Friday, November 25, 2005

Resurrecting Thieves

She was tardy, and her mother was furious.

“Deaconess, I want you to talk to her. I tried to get her to move along, but all she wanted to do is primp in front of the mirror. Then she fussed with her clothes. Now she’s made her sister late for school and me late for work. She left her homework at home, but I refused to go back and get it.” Mom turned on her heel without as much as her usual hug and left.

The Second Grader in front of me tried to smile. I looked at her for a moment, and then asked, “Well, what have you to say for yourself?”

“Nothing,” she replied, relying on her default mode.

“Nothing, baloney,” I responded. “Let’s get to the real issue. You’re quite a little thief, aren’t you?” Any further attempts at smiling from the little culprit faded.

“I stole time, didn’t I?”

We weren’t working from scratch. We were well into the school year, and this student had been with us since she was four years old. She knew how to put her errors in the context of the Ten Commandments, and could do it well.
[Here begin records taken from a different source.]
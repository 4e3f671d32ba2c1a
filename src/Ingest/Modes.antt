-- ===== src/Ingest/Modes.antt =====
-- The steps of `prepare` (internal/ingest/service.go) that depend on the configured capture mode.
use traceboard.Prelude.{
  ℕ, String, Bool, true, false, Option, some, ◌≡◌, refl, ◌∙◌, ◌==◌, ◌&&◌, not, if◌then◌else◌,
  Bool-cases, inl, inr, eqb, ltb,
}
use traceboard.Event.{Value, bool, text, Fields, end, field, Event, Instant}
use traceboard.Event.Mode.{metadata, detailed}
use traceboard.Event.EventType.{contains_text, source_extension, is_known_type}
use traceboard.Event.Maps
use traceboard.Event.Maps.{or_empty, lookup-insert}
use traceboard.Platform.{Platform}
use traceboard.Ingest.Setup.{Service, Tools, RedactedMap, is_null, copy_capture}
use traceboard.Ingest.Prepare.{
  content_step, raw_step, flagged, detailed_content, bounded_raw, raw_within, last_capture,
  first_capture, output_event,
}

-- `key` is not the entry that holds the mode.
lookup_mode-insert :
    (key : String) (v : Value) (m : Fields)
    → (key == "mode") ≡ false
    → Maps.lookup "mode" (Maps.insert key v m) ≡ Maps.lookup "mode" m
lookup_mode-insert key v m h = rw lookup-insert (rw h)

copy_capture-mode :
    (given capture : Fields)
    → Maps.lookup "mode" (copy_capture given capture) ≡ Maps.lookup "mode" capture
unfolding copy_capture
copy_capture-mode end capture = refl
copy_capture-mode (field key v rest) capture = elim (Bool-cases (key == "mode")) [
  | inl e ↦ rw e (copy_capture-mode rest capture)
  | inr e ↦ rw e (copy_capture-mode rest _ ∙ lookup_mode-insert key v capture e)
]

known_or_extension :
    (type : String) (known : Bool)
    → is_known_type type ≡ known
    → is_known_type (if known then type else source_extension) ≡ true
unfolding is_known_type contains_text
known_or_extension type true e = e
known_or_extension type false e = refl

module _ (platform : Platform) (tools : Tools) (service : Service) where
  flagged-mode :
      (b : Bool) (key : String) (m : Fields)
      → (key == "mode") ≡ false
      → Maps.lookup "mode" (flagged platform tools service b key m) ≡ Maps.lookup "mode" m
  unfolding flagged
  flagged-mode true key m h = lookup_mode-insert key (bool true) m h
  flagged-mode false key m h = refl

  content_step-mode :
      (mode : String) (content : Option Fields) (capture : Fields)
      → Maps.lookup "mode" (content_step platform tools service mode content capture).0
        ≡ Maps.lookup "mode" capture
  unfolding content_step detailed_content
  content_step-mode mode content capture =
      elim (Bool-cases (mode == metadata && not (eqb (Maps.size (or_empty content)) 0))) [
        | inl e ↦ rw e (
            lookup_mode-insert "content_fields" _ _ refl
            ∙ lookup_mode-insert "content_withheld" _ capture refl)
        | inr e ↦
            elim (Bool-cases (mode == detailed && not (eqb (Maps.size (or_empty content)) 0))) [
              | inl f ↦ rw (e, f) (flagged-mode _ "content_truncated" capture refl)
              | inr f ↦ rw (e, f) refl
            ]
      ]

  raw_within-mode :
      (v : Value) (size : ℕ) (capture : Fields)
      → Maps.lookup "mode" (raw_within platform tools service v size capture).0
        ≡ Maps.lookup "mode" capture
  unfolding raw_within
  raw_within-mode v size capture =
      elim (Bool-cases (ltb service.limits.max_raw_payload_size size)) [
        | inl e ↦ rw e (lookup_mode-insert "raw_truncated" _ capture refl)
        | inr e ↦ rw e refl
      ]

  bounded_raw-mode :
      (v : Value) (capture : Fields)
      → Maps.lookup "mode" (bounded_raw platform tools service v capture).0
        ≡ Maps.lookup "mode" capture
  unfolding bounded_raw
  bounded_raw-mode v capture = elim (Bool-cases (is_null v)) [
    | inl e ↦ rw e refl
    | inr e ↦ rw e (raw_within-mode _ _ capture)
  ]

  raw_step-mode :
      (mode : String) (raw : Value) (capture : Fields)
      → Maps.lookup "mode" (raw_step platform tools service mode raw capture).0
        ≡ Maps.lookup "mode" capture
  unfolding raw_step
  raw_step-mode mode raw capture = elim (Bool-cases (mode == detailed && not (is_null raw))) [
    | inl e ↦ rw e (bounded_raw-mode _ capture)
    | inr e ↦ elim (Bool-cases (not (is_null raw))) [
      | inl f ↦ rw (e, f) (lookup_mode-insert "raw_withheld" _ capture refl)
      | inr f ↦ rw (e, f) refl
    ]
  ]

  first_capture-mode :
      (mode : String) (input : Event) (attributes : RedactedMap)
      → Maps.lookup "mode" (first_capture platform tools service mode input attributes)
        ≡ some (text mode)
  unfolding first_capture Maps.lookup
  first_capture-mode mode input attributes =
      flagged-mode attributes.truncated "attributes_truncated"
        (copy_capture (or_empty input.capture) (field "mode" (text mode) end)) refl
      ∙ copy_capture-mode (or_empty input.capture) (field "mode" (text mode) end)

  last_capture-mode :
      (found : ℕ) (capture : Fields)
      → Maps.lookup "mode" (last_capture platform tools service found capture)
        ≡ Maps.lookup "mode" capture
  unfolding last_capture
  last_capture-mode found capture = elim (Bool-cases (eqb found 0)) [
    | inl e ↦ rw e refl
    | inr e ↦ rw e (lookup_mode-insert "redacted_fields" _ capture refl)
  ]

  pub output_event-mode :
      (now : Instant) (input : Event) (mode : String)
      → Maps.lookup "mode" (or_empty (output_event platform tools service now input mode).capture)
        ≡ some (text mode)
  unfolding output_event
  output_event-mode now input mode =
      last_capture-mode _ _
      ∙ raw_step-mode mode input.raw _
      ∙ content_step-mode mode input.content _
      ∙ first_capture-mode mode input _

  pub output_event-IsKnown :
      (now : Instant) (input : Event) (mode : String)
      → is_known_type (output_event platform tools service now input mode).type ≡ true
  unfolding output_event
  output_event-IsKnown now input mode =
      known_or_extension input.type (is_known_type input.type) refl
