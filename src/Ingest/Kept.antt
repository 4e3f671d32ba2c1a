-- ===== src/Ingest/Kept.antt =====
-- What `prepare` of internal/ingest/service.go lets through of an event: content, raw payload and
-- mode.
use traceboard.Prelude.{
  String, true, false, Option, none, some, ◌≡◌, refl, sym, ap, ◌∙◌, ◌==◌, ◌&&◌, not, arith,
  Bool-cases, inl, inr, eqb,
}
use traceboard.Event.{Value, null, text, Fields, Event, Instant, schema_version_1}
use traceboard.Event.Mode.{off, metadata, detailed}
use traceboard.Event.EventType.{is_known_type}
use traceboard.Event.Maps
use traceboard.Event.Maps.{or_empty, lookup-insert}
use traceboard.Ingest.Modes.{output_event-mode, output_event-IsKnown}
use traceboard.Platform.{Platform}
use traceboard.Ingest.Setup.{Service, Tools, capture_mode, is_null}
use traceboard.Ingest.Prepare.{content_step, raw_step, output_event, prepare}

module _ (platform : Platform) (tools : Tools) (service : Service) where
  content_step-withheld :
      (mode : String) (content : Option Fields) (capture : Fields)
      → (mode == detailed) ≡ false
      → (content_step platform tools service mode content capture).1 ≡ none
  unfolding content_step
  content_step-withheld mode content capture h =
      elim (Bool-cases (mode == metadata && not (eqb (Maps.size (or_empty content)) 0))) [
        | inl e ↦ rw e refl
        | inr e ↦ rw (e, h) refl
      ]

  raw_step-withheld :
      (mode : String) (raw : Value) (capture : Fields)
      → (mode == detailed) ≡ false
      → (raw_step platform tools service mode raw capture).1 ≡ null
  unfolding raw_step
  raw_step-withheld mode raw capture h = elim (Bool-cases (not (is_null raw))) [
    | inl f ↦ rw (h, f) refl
    | inr f ↦ rw (h, f) refl
  ]

  prepare-not_off :
      (now : Instant) (input out : Event)
      → eqb input.schema_version schema_version_1 ≡ true
      → prepare platform tools service now input ≡ some out
      → (capture_mode service input.source == off) ≡ false
  unfolding prepare
  prepare-not_off now input out v h = ground arith

  pub prepare-shape :
      (now : Instant) (input out : Event)
      → eqb input.schema_version schema_version_1 ≡ true
      → prepare platform tools service now input ≡ some out
      → output_event platform tools service now input (capture_mode service input.source) ≡ out
  unfolding prepare
  prepare-shape now input out v h = ground arith

  -- What `prepare` makes of an event of the contract's version: it leaves the mode that is configured
  -- for the event's source in the capture entry, whatever the event says of itself, and has a type of
  -- the contract.
  pub prepare-mode :
      (now : Instant) (input out : Event)
      → eqb input.schema_version schema_version_1 ≡ true
      → prepare platform tools service now input ≡ some out
      → (Maps.lookup "mode" (or_empty out.capture)
          ≡ some (text (capture_mode service input.source)))
        × (is_known_type out.type ≡ true)
  prepare-mode now input out v h =
      let e = prepare-shape now input out v h in
      (
        ap (λ o. Maps.lookup "mode" (or_empty (Event.capture o))) (sym e)
            ∙ output_event-mode platform tools service now input _,
        ap (λ o. is_known_type (Event.type o)) (sym e)
            ∙ output_event-IsKnown platform tools service now input _,
      )

  output_event-withheld :
      (now : Instant) (input : Event) (mode : String)
      → (mode == detailed) ≡ false
      → ((output_event platform tools service now input mode).content ≡ none)
        × ((output_event platform tools service now input mode).raw ≡ null)
  unfolding output_event
  output_event-withheld now input mode h =
      (content_step-withheld mode input.content _ h, raw_step-withheld mode input.raw _ h)

  -- Unless the source is in the detailed mode, what `prepare` makes of an event of the contract's
  -- version carries neither content nor a raw payload, and in the mode off nothing is made of it.
  pub prepare-withheld :
      (now : Instant) (input out : Event)
      → eqb input.schema_version schema_version_1 ≡ true
      → (capture_mode service input.source == detailed) ≡ false
      → prepare platform tools service now input ≡ some out
      → (out.content ≡ none)
        × (out.raw ≡ null)
        × ((capture_mode service input.source == off) ≡ false)
  prepare-withheld now input out v m h =
      let e = prepare-shape now input out v h in
      let (c, r) = output_event-withheld now input (capture_mode service input.source) m in
      (ap Event.content (sym e) ∙ c, ap Event.raw (sym e) ∙ r, prepare-not_off now input out v h)
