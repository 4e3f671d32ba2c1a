-- ===== src/Store/Counting.antt =====
-- The counters of a run against the event table: `event_count`, `error_count` and
-- `next_sequence` of internal/store/events.go under the statements of one insertion.
use traceboard.Prelude.{
  ℕ, ◌+◌, String, Bool, List, [], ◌∷◌, ◌++◌, ◌≡◌, ◌==◌, ◌&&◌, arith, eq_iff, count_rows,
  count_rows-append, if◌then◌else◌,
}
use traceboard.Event.EventType.{error_recorded}
use traceboard.Store.{RunRow, EventRow, StoredEvent}
use traceboard.Store.Summary.{apply_to_run}
use traceboard.Store.Statements.{take_sequence}

abbrev pub of_run : String → EventRow → Bool
of_run x e = e.run_id == x

abbrev pub error_of_run : String → EventRow → Bool
error_of_run x e = e.run_id == x && e.type == error_recorded

-- A run's counters are those of the rows of `events`, up to what the event of run `x` that is
-- being stored has already added: `a` events, `c` errors and `b` sequence numbers.
pub record Counted (events : List EventRow) (x : String) (a c b : ℕ) (r : RunRow) : Type 0 where
  pub events_of : r.event_count ≡ count_rows (of_run r.id) events + (if r.id == x then a else 0)
  pub errors_of :
      r.error_count ≡ count_rows (error_of_run r.id) events + (if r.id == x then c else 0)
  pub next : r.next_sequence ≡ count_rows (of_run r.id) events + 1 + (if r.id == x then b else 0)

pub Counted-change :
    (events : List EventRow) (x y : String) (r : RunRow)
    → Counted events x 0 0 0 r
    → Counted events y 0 0 0 r
Counted-change events x y r h = ground arith

module _ (events : List EventRow) (stored : StoredEvent) where
  pub Counted-take :
      (r : RunRow)
      → Counted events stored.run_id 0 0 0 r
      → Counted events stored.run_id 0 0 1
          (if r.id == stored.run_id then take_sequence stored r else r)
  unfolding take_sequence
  Counted-take r h = ground arith

  abbrev pub error_step : ℕ
  error_step = if stored.type == error_recorded then 1 else 0

  pub Counted-apply :
      (r : RunRow)
      → Counted events stored.run_id 0 0 1 r
      → Counted events stored.run_id 1 error_step 1
          (if r.id == stored.run_id then apply_to_run stored r else r)
  unfolding apply_to_run
  Counted-apply r h = ground arith

  pub Counted-append :
      (row : EventRow) (r : RunRow)
      → row.run_id ≡ stored.run_id
      → row.type ≡ stored.type
      → Counted events stored.run_id 1 error_step 1 r
      → Counted (events ++ (row ∷ [])) stored.run_id 0 0 0 r
  unfolding count_rows
  Counted-append row r p q h = ground (
    arith,
    count_rows-append (of_run r.id) events (row ∷ []),
    count_rows-append (error_of_run r.id) events (row ∷ []),
    eq_iff r.id stored.run_id,
    eq_iff stored.run_id r.id,
  )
“From whom did you steal time?” I asked.

She took time to think hard. “Well, from my mom because she’s late for work. And from my sister, because she’s late for school. And from you because now you should be teaching but you have to mess with me. And from the class.”

“You missed one.”

“Oh, from me, because I’m late for school and missed something I needed.”

"Like I said, you are quite a little thief,” I repeated.

"I guess I am,” she conceded

Now the tears wanted to come. Just as they started to fall she glanced up to the crucifix on the wall and then looked at me. “He had a thief next to Him.”

“Yes, He did,” I replied. “And what happened with that thief?”

“Jesus forgave his sins. I’m sorry I’m a thief.”

“Do you think it is any different for you? Jesus forgives you, and so do I. Would you like to call your mom and say the same thing? I reckon she’s just waiting to say ‘I forgive you to you.’”

Jesus didn’t leave the thief’s confession unanswered. From the cross He spoke to him blessed words of comfort. To those who placed Him on that cross He shouted no ringing epithets, rather the absolution of the ages, “Father forgive them… It is finished.”

From the first day students enter our school they learn an important ritual. An apology does not go unanswered; it is always followed up by the response, “I forgive you.” Even the youngest students are taught to look at those whom they have offended in the face, for the work of confessing sins and forgiveness is personal, not offered up to the sound waves of the spheres to be answered only by the sound of one’s own heartbeat.

Jesus did not leave us without words of forgiveness in our mouths. He gives us pastors to speak Holy Absolution to us. He also put the Fifth Petition into the mouth of the whole church.

And forgive us our trespasses as we forgive those who trespass against us.

What does this mean?

We pray in this petition that our Father in heaven would not look at our sins, or deny our prayer because of them. We are neither worthy of the things for which we pray, nor have we deserved them, but we ask that He would give them all to us by grace, for we daily sin much and surely deserve nothing but punishment. So we too will sincerely forgive and gladly do good to those who sin against us.

Shall we only sincerely forgive silently when a brother confesses that he has sinned against us? Shall we turn that one away without the comfort of the Gospel in which we live, too? No. Better yet to live according to this petition, and open the mouth and speak: “I forgive you.” Such words cannot be given freely save among those in whom the forgiveness of Christ first has been received.

The Little Thief knew this. Certainly she could not articulate any of it. She had learned this through the school's practice. Most assuredly, like the thief who still endured his own crime’s penalties, she was not appreciative of the fact that she was still the recipient of the consequences of what her tardiness wrought: an angry mother and disciplinary sentences because she didn’t turn in her homework. However, she also knew what these things couldn’t take away.

“You know you’ll have to write sentences, don’t you,” I reminder her.

“I know,” she said. “But the thief won’t stay dead. Jesus forgives me, too.”

1 comment:

Scott said...

Excellent post (HT: Balaam's Ass)! We are homeschooling our two children, ages 7 and 5, and have always tried to emphasis the fact that if they do or say something that hurts the other (or someone else) that they need to ask for forgiveness. It has been a struggle to get across to them that how others feel when we sin against them, and how we need their forgiveness. I heard Scott Somerville of HSLDA speak at a HS conference last spring on "peacemaking" and he said that for us to truly ask for forgiveness we need to really understand the hurt we have caused to the other person(s). It sounds like you have accomplished that! Blessings!